## Action item:
Copy all the records exactly; the complete set is the expected result.
================================
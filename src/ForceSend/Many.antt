-- ===== src/ForceSend/Many.antt =====
-- `ForceSendTxs` of pkg/test_utils/solana.go: one `ForceSendTx` for each transaction, side by side.
use tax_bro.Prelude.{suc, ◌≡◌, ◌≢◌, refl, ap, ◌∙◌, List, [], ◌∷◌, ◌++◌, map, All, String, length}
use tax_bro.ForceSend.{
  Status, confirmed, zero_signature, Sending, nothing_sent, Step, Runs, begin, go, IsDone,
}
use tax_bro.ForceSend.Confirmed.{first_of, IsDone-confirmed}

-- The calls when they start.
abbrev pub all_started {ℓ} : {A : Type ℓ} → List A → List Sending
all_started txs = map (λ ixs. nothing_sent) txs

-- One of the calls goes on.
pub data Goes : List Sending → List Sending → Type 0 where
  first : {s t : Sending} {others : List Sending} → Step s t → Goes (s ∷ others) (t ∷ others)
  later :
      {s : Sending} {others others' : List Sending}
      → Goes others others'
      → Goes (s ∷ others) (s ∷ others')

pub data RunsAll (calls : List Sending) : List Sending → Type 0 where
  begin_all : RunsAll calls calls
  go_all :
      {calls' calls'' : List Sending}
      → RunsAll calls calls'
      → Goes calls' calls''
      → RunsAll calls calls''

-- The first signature that was sent was reported as confirmed.
abbrev pub IsConfirmed : Sending → Type 0
IsConfirmed s =
    (front back : List (String × Status)) × (s.reported
      ≡ front ++ (first_of s.sent, confirmed) ∷ back)
    × (first_of s.sent ≢ zero_signature)

-- Each call is a run of its own.
all_started-Runs {ℓ} : {A : Type ℓ} (txs : List A) → All (Runs nothing_sent) (all_started txs)
all_started-Runs [] = tt
all_started-Runs (ixs ∷ txs) = (begin, all_started-Runs txs)

Goes-Runs :
    {calls calls' : List Sending}
    → Goes calls calls'
    → All (Runs nothing_sent) calls
    → All (Runs nothing_sent) calls'
Goes-Runs (first step) (run, runs) = (go run step, runs)
Goes-Runs (later goes) (run, runs) = (run, Goes-Runs goes runs)

Goes-length : {calls calls' : List Sending} → Goes calls calls' → length calls' ≡ length calls
Goes-length (first step) = refl
Goes-length (later goes) = ap suc (Goes-length goes)

RunsAll-Runs {ℓ} :
    {A : Type ℓ} (txs : List A) {calls : List Sending}
    → RunsAll (all_started txs) calls
    → All (Runs nothing_sent) calls
RunsAll-Runs txs begin_all = all_started-Runs txs
RunsAll-Runs txs (go_all runs goes) = Goes-Runs goes (RunsAll-Runs txs runs)

all_started-length {ℓ} : {A : Type ℓ} (txs : List A) → length (all_started txs) ≡ length txs
all_started-length [] = refl
all_started-length (ixs ∷ txs) = ap suc (all_started-length txs)

RunsAll-length {ℓ} :
    {A : Type ℓ} (txs : List A) {calls : List Sending}
    → RunsAll (all_started txs) calls
    → length calls ≡ length txs
RunsAll-length txs begin_all = all_started-length txs
RunsAll-length txs (go_all runs goes) = Goes-length goes ∙ RunsAll-length txs runs

all_done :
    (calls : List Sending)
    → All (Runs nothing_sent) calls
    → All IsDone calls
    → All IsConfirmed calls
all_done [] runs done = tt
all_done (s ∷ calls) runs done = (IsDone-confirmed runs.0 done.0, all_done calls runs.1 done.1)

-- However the goroutines of all transactions interleave, and whatever the client and the clock
-- answer them, the calls of all have ended only if there is one for each transaction, and of each
-- the first signature that it sent, which is not zero, was reported as confirmed.
pub RunsAll-IsConfirmed {ℓ} :
    {A : Type ℓ} (txs : List A) {calls : List Sending}
    → RunsAll (all_started txs) calls
    → All IsDone calls
    → (length calls ≡ length txs) × All IsConfirmed calls
RunsAll-IsConfirmed txs {calls} runs done =
    (RunsAll-length txs runs, all_done calls (RunsAll-Runs txs runs) done)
================================
## Completed task:
filename src/ForceSend/Many.antt
-- ===== src/ForceSend/Many.antt =====
-- `ForceSendTxs` of pkg/test_utils/solana.go: one `ForceSendTx` for each transaction, side by side.
use tax_bro.Prelude.{suc, ◌≡◌, ◌≢◌, refl, ap, ◌∙◌, List, [], ◌∷◌, ◌++◌, map, All, String, length}
use tax_bro.ForceSend.{
  Status, confirmed, zero_signature, Sending, nothing_sent, Step, Runs, begin, go, IsDone,
}
use tax_bro.ForceSend.Confirmed.{first_of, IsDone-confirmed}

-- The calls when they start.
abbrev pub all_started {ℓ} : {A : Type ℓ} → List A → List Sending
all_started txs = map (λ ixs. nothing_sent) txs

-- One of the calls goes on.
pub data Goes : List Sending → List Sending → Type 0 where
  first : {s t : Sending} {others : List Sending} → Step s t → Goes (s ∷ others) (t ∷ others)
  later :
      {s : Sending} {others others' : List Sending}
      → Goes others others'
      → Goes (s ∷ others) (s ∷ others')

pub data RunsAll (calls : List Sending) : List Sending → Type 0 where
  begin_all : RunsAll calls calls
  go_all :
      {calls' calls'' : List Sending}
      → RunsAll calls calls'
      → Goes calls' calls''
      → RunsAll calls calls''

-- The first signature that was sent was reported as confirmed.
abbrev pub IsConfirmed : Sending → Type 0
IsConfirmed s =
    (front back : List (String × Status)) × (s.reported
      ≡ front ++ (first_of s.sent, confirmed) ∷ back)
    × (first_of s.sent ≢ zero_signature)

-- Each call is a run of its own.
all_started-Runs {ℓ} : {A : Type ℓ} (txs : List A) → All (Runs nothing_sent) (all_started txs)
all_started-Runs [] = tt
all_started-Runs (ixs ∷ txs) = (begin, all_started-Runs txs)

Goes-Runs :
    {calls calls' : List Sending}
    → Goes calls calls'
    → All (Runs nothing_sent) calls
    → All (Runs nothing_sent) calls'
Goes-Runs (first step) (run, runs) = (go run step, runs)
Goes-Runs (later goes) (run, runs) = (run, Goes-Runs goes runs)

Goes-length : {calls calls' : List Sending} → Goes calls calls' → length calls' ≡ length calls
Goes-length (first step) = refl
Goes-length (later goes) = ap suc (Goes-length goes)

RunsAll-Runs {ℓ} :
    {A : Type ℓ} (txs : List A) {calls : List Sending}
    → RunsAll (all_started txs) calls
    → All (Runs nothing_sent) calls
RunsAll-Runs txs begin_all = all_started-Runs txs
RunsAll-Runs txs (go_all runs goes) = Goes-Runs goes (RunsAll-Runs txs runs)

all_started-length {ℓ} : {A : Type ℓ} (txs : List A) → length (all_started txs) ≡ length txs
all_started-length [] = refl
all_started-length (ixs ∷ txs) = ap suc (all_started-length txs)

RunsAll-length {ℓ} :
    {A : Type ℓ} (txs : List A) {calls : List Sending}
    → RunsAll (all_started txs) calls
    → length calls ≡ length txs
RunsAll-length txs begin_all = all_started-length txs
RunsAll-length txs (go_all runs goes) = Goes-length goes ∙ RunsAll-length txs runs

all_done :
    (calls : List Sending)
    → All (Runs nothing_sent) calls
    → All IsDone calls
    → All IsConfirmed calls
all_done [] runs done = tt
all_done (s ∷ calls) runs done = (IsDone-confirmed runs.0 done.0, all_done calls runs.1 done.1)

-- However the goroutines of all transactions interleave, and whatever the client and the clock
-- answer them, the calls of all have ended only if there is one for each transaction, and of each
-- the first signature that it sent, which is not zero, was reported as confirmed.
pub RunsAll-IsConfirmed {ℓ} :
    {A : Type ℓ} (txs : List A) {calls : List Sending}
    → RunsAll (all_started txs) calls
    → All IsDone calls
    → (length calls ≡ length txs) × All IsConfirmed calls
RunsAll-IsConfirmed txs {calls} runs done =
    (RunsAll-length txs runs, all_done calls (RunsAll-Runs txs runs) done)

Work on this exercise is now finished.